Librero sin remordimiento
Por Diego Aristizábal
Esta semana Alejandro Torres de la librería Árbol de Tinta me volvió a sorprender.
“Tengo algo que te puede interesar”, me dijo, y sacó nada más y nada menos que la primera edición de El remordimiento de Fernando González. Yo, que no soy muy amigo de las primeras ediciones porque casi siempre son costosas, observé con cuidado ese librito que a pesar de los quiebres en el lomo y la portada, algunos rasgos de humedad en sus hojas, el desgaste natural del tiempo: casi 80 años encima, estaba intacto.
Abrí sus páginas y volví a leer un aparte de esa carta aclaratoria de Fernando González que dice: “Tú dices que mi libro, tal como nació, es pornográfico e ilegible, y yo te contesto que pornográfica es toda Suramérica hijo de clérigos, hombres tapados por la vergüenza a la vida. Por eso, nuestra raza es estéril, avergonzada: raza de hombres que hacen las cosas y se esconden, avergonzados de estar vivos. Miguelángel y yo sentimos todos los instintos agrandados y no hacemos nada perverso; creamos seres con pechos, pene, ano, piernas, brazos, pies y manos, tronco y cabeza”. Recordé la historia de mademoiselle Tony, las reflexiones profundas del narrador sobre la lucha por dejar a un lado la carne para poder crecer en el espíritu: “El hombre asciende en virtud del remordimiento”, aunque luego diga: “Entiéndase que lo que me está matando es el remordimiento de haber dejado virgen a la vida”.
Apenas volví en sí levanté la cabeza y me topé con la pared de libros y con un silencio momentáneo que amplificó en mi mente la frase: “Sin el mecanismo del remordimiento, el hombre no sería el que es. Sería un ser tranquilo, sin porvenir, como el caballo”. Fue entonces cuando mi librero me dijo: “Ese libro es tuyo”. Claro que quería que fuera mío pero los cálculos hipotéticos en mi cabeza no me daban. Sin entender la situación, todavía abstraído estúpidamente en la profundidad del remordimiento, en los vericuetos de la moral y de los santos que también se han creído malos, no quería preguntar cuánto valdría, no quería quedarme sin dinero cuando todavía le faltaban tantos días al mes. Sin imaginármelo Alejandro agregó: “El libro no tiene ningún costo, es tuyo”. Sentí vergüenza mas no remordimiento.

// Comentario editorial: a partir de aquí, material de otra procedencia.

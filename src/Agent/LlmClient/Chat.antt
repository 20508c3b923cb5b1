-- ===== src/Agent/LlmClient/Chat.antt =====
-- What the clients of OpenAI-compatible interfaces share in enclave/agent/llm_client.py: the payload of
-- a call, and how a reply is read. A reply whose values have other types than the interface documents
-- is none, whether the code raises on it or passes such values on.
pub mod Laws
use agentic_ai_tee.Base.Optional.{◌>>=◌}
use agentic_ai_tee.Base.{
  ℕ, suc, ◌++◌, Bool, true, false, not, Option, none, some, List, [], ◌∷◌, if◌then◌else◌, is_empty,
  ℤ, pos, Text, codes, text_eq, Value, Items, nil, cons, Fields, end, field, none_value, int, str,
  list, dict, truthy, get_field_or,
}
use agentic_ai_tee.Agent.Models.{ContentBlock, text_block, tool_use_block, LlmResponse, Message}
use agentic_ai_tee.Agent.Controller.State.{LlmRequest}
use agentic_ai_tee.Agent.LlmClient.Convert.{
  ApiMessage, message_fields, convert_messages_to_openai, convert_tools_to_openai,
}

unfoldable pub field_items : List Fields → Items
field_items [] = nil
field_items (d ∷ ds) = cons (dict d) (field_items ds)

unfoldable pub message_items : List ApiMessage → Items
message_items [] = nil
message_items (m ∷ ms) = cons (dict (message_fields m)) (message_items ms)

module _ (dumps : Fields → Text) where
  -- `api_messages`: the system prompt in front
  unfoldable pub api_messages : LlmRequest → Items
  api_messages q =
      cons
        (dict (
          field (codes "role") (str (codes "system")) (field (codes "content") (str q.system) end)))
        (message_items (convert_messages_to_openai dumps q.messages))

  -- The fields behind those of the payload: the tools, if there are any, and with them `more`.
  unfoldable pub tool_fields : List Fields → Fields → Option Fields
  tool_fields [] more = some end
  tool_fields (tool ∷ tools) more = do
    converted ← convert_tools_to_openai (tool ∷ tools)
    some (field (codes "tools") (list (field_items converted)) more)

  -- `payload`, for the model
  unfoldable pub chat_payload : Text → Fields → LlmRequest → Option Fields
  chat_payload model more q = do
    tools ← tool_fields q.tools more
    some (
        field (codes "model") (str model) (
          field (codes "max_tokens") (int (pos q.max_tokens))
            (field (codes "messages") (list (api_messages q)) tools)))

abbrev pub as_dict : Value → Option Fields
as_dict (dict d) = some d
as_dict _ = none

abbrev pub as_text : Value → Option Text
as_text (str t) = some t
as_text _ = none

abbrev pub as_count : Value → Option ℕ
as_count (int (pos n)) = some n
as_count _ = none

abbrev pub as_items : Value → Option Items
as_items (list vs) = some vs
as_items _ = none

-- `choices[0] if choices else {}`
unfoldable pub first_choice : Value → Option Fields
first_choice (list (cons v vs)) = as_dict v
first_choice v = if truthy v then none else some end

-- `if text: content_blocks.append(TextBlock(text=text))`
unfoldable pub reply_text : Value → Option (List ContentBlock)
reply_text (str t) = some (if is_empty t then [] else text_block t ∷ [])
reply_text v = if truthy v then none else some []

-- the finish reason, where the source has the same chain in three clients
unfoldable pub stop_reason_of : Text → Text
stop_reason_of reason =
    if text_eq reason (codes "stop")
    then codes "end_turn"
    else if text_eq reason (codes "tool_calls")
    then codes "tool_use"
    else if text_eq reason (codes "length")
    then codes "max_tokens"
    else reason

unfoldable pub finish_reason : Value → Option Text
finish_reason (str t) = some (stop_reason_of t)
finish_reason v = if truthy v then none else some []

-- `loads` is `json.loads`; `fresh_id` is the id that a call without one gets, by its position.
module _ (loads : Text → Option Value) (fresh_id : ℕ → Text) where
  -- `args`: what is no JSON is {}.
  unfoldable pub call_arguments : Value → Option Fields
  call_arguments (str t) = elim (loads t) [ none ↦ some end | some v ↦ as_dict v ]
  call_arguments v = as_dict v

  unfoldable pub reply_call : ℕ → Value → Option ContentBlock
  reply_call i tc = do
    call ← as_dict tc
    func ← as_dict (get_field_or call (codes "function") (dict end))
    args ← call_arguments (get_field_or func (codes "arguments") (dict end))
    id ← as_text (get_field_or call (codes "id") (str (fresh_id i)))
    name ← as_text (get_field_or func (codes "name") (str []))
    some (tool_use_block (record { id = id; name = name; input = args }))

  -- `for tc in tool_calls`
  unfoldable pub reply_calls : ℕ → Items → Option (List ContentBlock)
  reply_calls i nil = some []
  reply_calls i (cons tc tcs) = do
    call ← reply_call i tc
    calls ← reply_calls (suc i) tcs
    some (call ∷ calls)

  -- `content_blocks` of the dict of a message
  unfoldable pub reply_blocks : Fields → Option (List ContentBlock)
  reply_blocks message = do
    texts ← reply_text (get_field_or message (codes "content") (str []))
    tool_calls ← as_items (get_field_or message (codes "tool_calls") (list nil))
    calls ← reply_calls 0 tool_calls
    some (texts ++ calls)

  -- The response that the data of a reply holds.
  unfoldable pub chat_response : ℕ → Value → Option LlmResponse
  chat_response elapsed reply = do
    body ← as_dict reply
    choice ← first_choice (get_field_or body (codes "choices") (list (cons (dict end) nil)))
    message ← as_dict (get_field_or choice (codes "message") (dict end))
    usage ← as_dict (get_field_or body (codes "usage") (dict end))
    content ← reply_blocks message
    reason ← finish_reason (get_field_or choice (codes "finish_reason") (str []))
    input_tokens ← as_count (get_field_or usage (codes "prompt_tokens") (int (pos 0)))
    output_tokens ← as_count (get_field_or usage (codes "completion_tokens") (int (pos 0)))
    some (record {
      content = content;
      input_tokens = input_tokens;
      output_tokens = output_tokens;
      latency_ms = elapsed;
      stop_reason = reason;
    })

Mientras caminaba rumbo a casa pensé que definitivamente no hay nadie más altruista ni tampoco más preocupado porque el otro aprenda que un librero, incluso, poniendo en riesgo las finanzas de una librería.
Definitivamente el librero es aquel que mira el libro no como mercancía sino como depósito de cultura, esa es su esencia. Recordé entonces la anécdota que alguna vez me contó Alberto Aguirre: Un jovencito, que iba normalmente con su madre a la Librería Aguirre en Medellín, un día entró solo y se quedó horas absorto en la lectura de uno de los libros más bellos que se ha hecho en Colombia, las obras completas de León de Greiff editado por Aguirre. Después de un rato Alberto se le acercó al jovencito y lo único que le dijo fue que si le gustaba mucho ese libro se lo podía llevar para la casa. El jovencito, que era nada más y nada menos que el poeta Darío Jaramillo Agudelo, quedó sorprendido y feliz y se lo llevó. Al rato llegó la madre con el joven porque no entendía lo que había pasado. Alberto le dijo: “El que ama el libro lo toca y se apasiona por él porque intuye un contenido. Eso pasó con ese libro y con el joven, y como el libro es mío yo se lo regalé porque me dio la gana”.

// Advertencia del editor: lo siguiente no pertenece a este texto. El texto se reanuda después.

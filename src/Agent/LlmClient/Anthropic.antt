-- ===== src/Agent/LlmClient/Anthropic.antt =====
-- AnthropicClient.call of enclave/agent/llm_client.py: the arguments of the call, and its response.
pub mod Laws
use agentic_ai_tee.Base.{
  ℕ, ◌-◌, max, Bool, true, false, Option, none, some, List, [], ◌∷◌, if◌then◌else◌, pos, Text,
  codes, Value, Items, nil, cons, Fields, end, field, int, str, list, dict,
}
use agentic_ai_tee.Base.Result.{Result, ok, err}
use agentic_ai_tee.Agent.Models.{
  ContentBlock, text_block, thinking_block, tool_use_block, tool_result_block, Content, plain,
  blocks, Message, LlmResponse, Exn, Stop, raised,
}
use agentic_ai_tee.Agent.Controller.State.{LlmRequest, Chunk, Llm}
use agentic_ai_tee.Agent.LlmClient.Convert.{block_to_dict, role_name}
use agentic_ai_tee.Agent.LlmClient.Chat.{field_items}

-- `filtered`: the blocks, without the thinking
unfoldable pub filtered : List ContentBlock → Items
filtered [] = nil
filtered (thinking_block t s ∷ bs) = filtered bs
filtered (b ∷ bs) = cons (dict (block_to_dict b)) (filtered bs)

abbrev pub content_value : Content → Value
content_value (plain t) = str t
content_value (blocks bs) = list (filtered bs)

unfoldable pub anthropic_message : Message → Fields
anthropic_message m =
    field (codes "role") (str (role_name m.role))
      (field (codes "content") (content_value m.content) end)

unfoldable pub anthropic_messages : List Message → Items
anthropic_messages [] = nil
anthropic_messages (m ∷ ms) = cons (dict (anthropic_message m)) (anthropic_messages ms)

unfoldable pub thinking_budget : ℕ → ℕ
thinking_budget max_tokens = max max_tokens 16_384

abbrev pub with_tools : List Fields → Fields → Fields
with_tools [] rest = rest
with_tools (tool ∷ tools) rest = field (codes "tools") (list (field_items (tool ∷ tools))) rest

unfoldable pub thinking_fields : LlmRequest → Fields
thinking_fields q =
    if q.enable_thinking
    then field (codes "thinking")
        (dict (
          field (codes "type") (str (codes "enabled"))
            (field (codes "budget_tokens") (int (pos (thinking_budget q.max_tokens - 4096))) end)))
        end
    else end

-- `kwargs`
unfoldable pub anthropic_kwargs : Text → LlmRequest → Fields
anthropic_kwargs model q = field (codes "model") (str model) (
    field (codes "max_tokens")
      (int (pos (if q.enable_thinking then thinking_budget q.max_tokens else q.max_tokens)))
      (field (codes "system") (str q.system) (
        field (codes "messages") (list (anthropic_messages q.messages))
          (with_tools q.tools (thinking_fields q)))))

-- A block of the response by its type; the signature of a thinking block may be missing.
pub data ApiBlock : Type 0 where
  api_text : Text → ApiBlock
  api_thinking : Text → Option Text → ApiBlock
  api_tool_use : Text → Text → Fields → ApiBlock
  other_block : ApiBlock

pub record ApiResponse : Type 0 where
  pub content : List ApiBlock
  pub input_tokens : ℕ
  pub output_tokens : ℕ
  pub stop_reason : Option Text

abbrev pub signature_of : Option Text → Text
signature_of none = []
signature_of (some s) = s

unfoldable pub response_blocks : List ApiBlock → List ContentBlock
response_blocks [] = []
response_blocks (api_text t ∷ bs) = text_block t ∷ response_blocks bs
response_blocks (api_thinking t s ∷ bs) = thinking_block t (signature_of s) ∷ response_blocks bs
response_blocks (api_tool_use id name input ∷ bs) =
    tool_use_block (record { id = id; name = name; input = input }) ∷ response_blocks bs
response_blocks (other_block ∷ bs) = response_blocks bs

unfoldable pub anthropic_response : ℕ → ApiResponse → LlmResponse
anthropic_response elapsed r = record {
  content = response_blocks r.content;
  input_tokens = r.input_tokens;
  output_tokens = r.output_tokens;
  latency_ms = elapsed;
  stop_reason = signature_of r.stop_reason;
}

-- `call`: the library raises, or gives what it streamed and the response.
module _ {S : Type 0} (create : Fields → S → Result Exn (List Chunk × ApiResponse) × S)
    (model : Text) (elapsed : ℕ) where
  unfoldable pub created :
      Result Exn (List Chunk × ApiResponse) → S → Result Stop LlmResponse × List Chunk × S
  created (err e) s = (err (raised e), [], s)
  created (ok (chunks, r)) s = (ok (anthropic_response elapsed r), chunks, s)

  unfoldable pub anthropic_call : Llm S
  anthropic_call q s = let (result, s') = create (anthropic_kwargs model q) s in created result s'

Ahora, de los tres mil ejemplares que imprimió el editor Arturo Zapata en Manizales en 1935 de El remordimiento, yo tengo uno. Intuyo desde luego una historia, un contenido. Me siento en un café del centro de Bogotá y vuelvo sobre el tema. “Hay que despertar la atención, la crítica, romper el hábito, abandonar la monotonía, para que nazca el remordimiento, acicate de la perfección. Al hacerlo, hay lucha interior. Hay sacudida”, leo, y poco a poco intento poner en “orden” mi conciencia.
Fuente:
El Espectador, lunes 18 de marzo de 2013, columna de opinión.